-- ===== src/Example/Echo/Line.antt =====
-- What an echo connection (example/echo/server.cc) does with the bytes it reads.
use mathlib.Core.List.{append_cancel_left}
use winterfell.Prelude.{
  ℕ, suc, Bool, ◌≡◌, refl, sym, ap, ◌∙◌, true, false, not, ◌&&◌, List, [], ◌∷◌, ◌++◌, length, take,
  drop, Bytes, Run, done, ◌==◌, arith, append-nil, take-append-drop,
}
use winterfell.Buffer.{peek, readable_bytes, failed, received}
use winterfell.Buffer.Content.{IsValid, length-peek}
use winterfell.Net.Channel.{is_writing}
use winterfell.Net.TcpConnection.{
  Connection, connected, Effect, WriteResult, wrote, write_failed, is_connected, after_write,
  send_in_loop, send,
}
use winterfell.Net.TcpConnection.Output.{IsSound, sent_bytes, after_write-Accounts}
use winterfell.Net.TcpConnection.Flush.{taken, left, Fits}
use winterfell.Example.Echo.{Event, reads, flushes}

-- The connection is established and keeps these bytes; nothing is in its input.
pub record Shows (kept : Bytes) (c : Connection) : Type 0 where
  pub sound : IsSound c
  pub is_up : c.state ≡ connected
  pub input_valid : IsValid c.input
  pub input_empty : peek c.input ≡ []
  pub output_kept : peek c.output ≡ kept

-- The call returns, the socket took these bytes on the way, and the connection keeps those.
abbrev pub Answers : Bytes → Bytes → Run (List Effect × Connection) → Type 0
Answers out kept (done (fx, c)) = Shows kept c × (sent_bytes fx ≡ out)
Answers out kept _ = ⊥

-- What is meant: bytes that are read while none are kept go to the socket, and what it does not take is kept,
-- unless the write fails; bytes that are read while some are kept are lost.
abbrev pub echoed : Event → Bytes → Bytes
echoed (reads (failed e) w) kept = []
echoed (reads (received xs) w) [] = taken w xs
echoed (reads (received xs) w) (k ∷ ks) = []
echoed (flushes w) kept = taken w kept

abbrev pub kept_next : Event → Bytes → Bytes
kept_next (reads (failed e) w) kept = kept
kept_next (reads (received xs) (wrote n)) [] = drop n xs
kept_next (reads (received xs) (write_failed e)) [] = []
kept_next (reads (received xs) w) (k ∷ ks) = k ∷ ks
kept_next (flushes w) kept = left w kept

abbrev pub all_echoed : List Event → Bytes → Bytes
all_echoed [] kept = []
all_echoed (e ∷ es) kept = echoed e kept ++ all_echoed es (kept_next e kept)

abbrev pub all_kept : List Event → Bytes → Bytes
all_kept [] kept = kept
all_kept (e ∷ es) kept = all_kept es (kept_next e kept)

-- The stream does not end, and the socket takes no more than it is offered.
abbrev pub IsPossible : Event → Bytes → Type 0
IsPossible (reads (failed e) w) kept = Unit
IsPossible (reads (received []) w) kept = ⊥
IsPossible (reads (received (x ∷ xs)) w) kept = Fits w (x ∷ xs)
IsPossible (flushes w) kept = Fits w kept

abbrev pub AllPossible : List Event → Bytes → Type 0
AllPossible [] kept = Unit
AllPossible (e ∷ es) kept = IsPossible e kept × AllPossible es (kept_next e kept)

sent_bytes-after_write :
    (n : ℕ) (m : Bytes) (c : Connection) → sent_bytes (after_write n m c).0 ≡ []
unfolding after_write
sent_bytes-after_write n m c = ground arith

same_state : (n : ℕ) (m : Bytes) (c : Connection) → (after_write n m c).1.state ≡ c.state
unfolding after_write
same_state n m c = ground arith

same_input : (n : ℕ) (m : Bytes) (c : Connection) → (after_write n m c).1.input ≡ c.input
unfolding after_write
same_input n m c = ground arith

module _ (c : Connection) where
  idle : (s : IsSound c) → peek c.output ≡ [] → readable_bytes c.output ≡ 0
  idle s h = sym (length-peek c.output s.output_valid) ∙ ap length h

  unpolled : (s : IsSound c) → peek c.output ≡ [] → is_writing c.channel ≡ false
  unpolled s h = s.polled ∙ rw (idle s h) refl

  abbrev guard : Bool
  guard = not (is_writing c.channel) && (readable_bytes c.output == 0)

  idle_guard : (s : IsSound c) → peek c.output ≡ [] → guard ≡ true
  idle_guard s h = rw (unpolled s h, idle s h) refl

  busy :
      (k : ℕ) (ks : Bytes) (s : IsSound c)
      → peek c.output ≡ k ∷ ks
      → readable_bytes c.output ≡ suc (length ks)
  busy k ks s h = sym (length-peek c.output s.output_valid) ∙ ap length h

  busy_guard : (k : ℕ) (ks : Bytes) (s : IsSound c) → peek c.output ≡ k ∷ ks → guard ≡ false
  busy_guard k ks s h = rw (busy k ks s h) (ground arith)

  pub send-idle :
      (w : WriteResult) (m : Bytes)
      → Shows [] c
      → Fits w m
      → Answers (taken w m) (kept_next (reads (received m) w) []) (done (send w m c))
  unfolding send send_in_loop
  send-idle (write_failed e) m s h =
      rw (ap is_connected s.is_up, idle_guard s.sound s.output_kept) (s, refl)
  send-idle (wrote n) m s h =
      let none_kept = idle s.sound s.output_kept in
      let (sound, total) = after_write-Accounts c s.sound n m none_kept h in
      let none_sent = sent_bytes-after_write n m c in
      rw (ap is_connected s.is_up, idle_guard s.sound s.output_kept)
        (
          record {
            sound = sound;
            is_up = same_state n m c ∙ s.is_up;
            input_valid = rw (same_input n m c) s.input_valid;
            input_empty = rw (same_input n m c) s.input_empty;
            output_kept = append_cancel_left (take n m) _ _ (
                ap (λ f. take n m ++ (f ++ peek (after_write n m c).1.output)) (sym none_sent)
                ∙ total
                ∙ sym (take-append-drop n m));
          },
          ap (◌++◌ (take n m)) none_sent ∙ append-nil (take n m),
        )

  pub send-busy :
      (w : WriteResult) (m : Bytes) (k : ℕ) (ks : Bytes)
      → Shows (k ∷ ks) c
      → Answers [] (k ∷ ks) (done (send w m c))
  unfolding send send_in_loop
  send-busy w m k ks s =
      rw (ap is_connected s.is_up, busy_guard k ks s.sound s.output_kept) (s, refl)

——

## PROMPT
Beginning with the line that holds "send-busy w m" and ending with the last line of the listing, output every line exactly. Leave out everything else.

## EXPECTED ANSWER
  send-busy w m k ks s =
      rw (ap is_connected s.is_up, busy_guard k ks s.sound s.output_kept) (s, refl)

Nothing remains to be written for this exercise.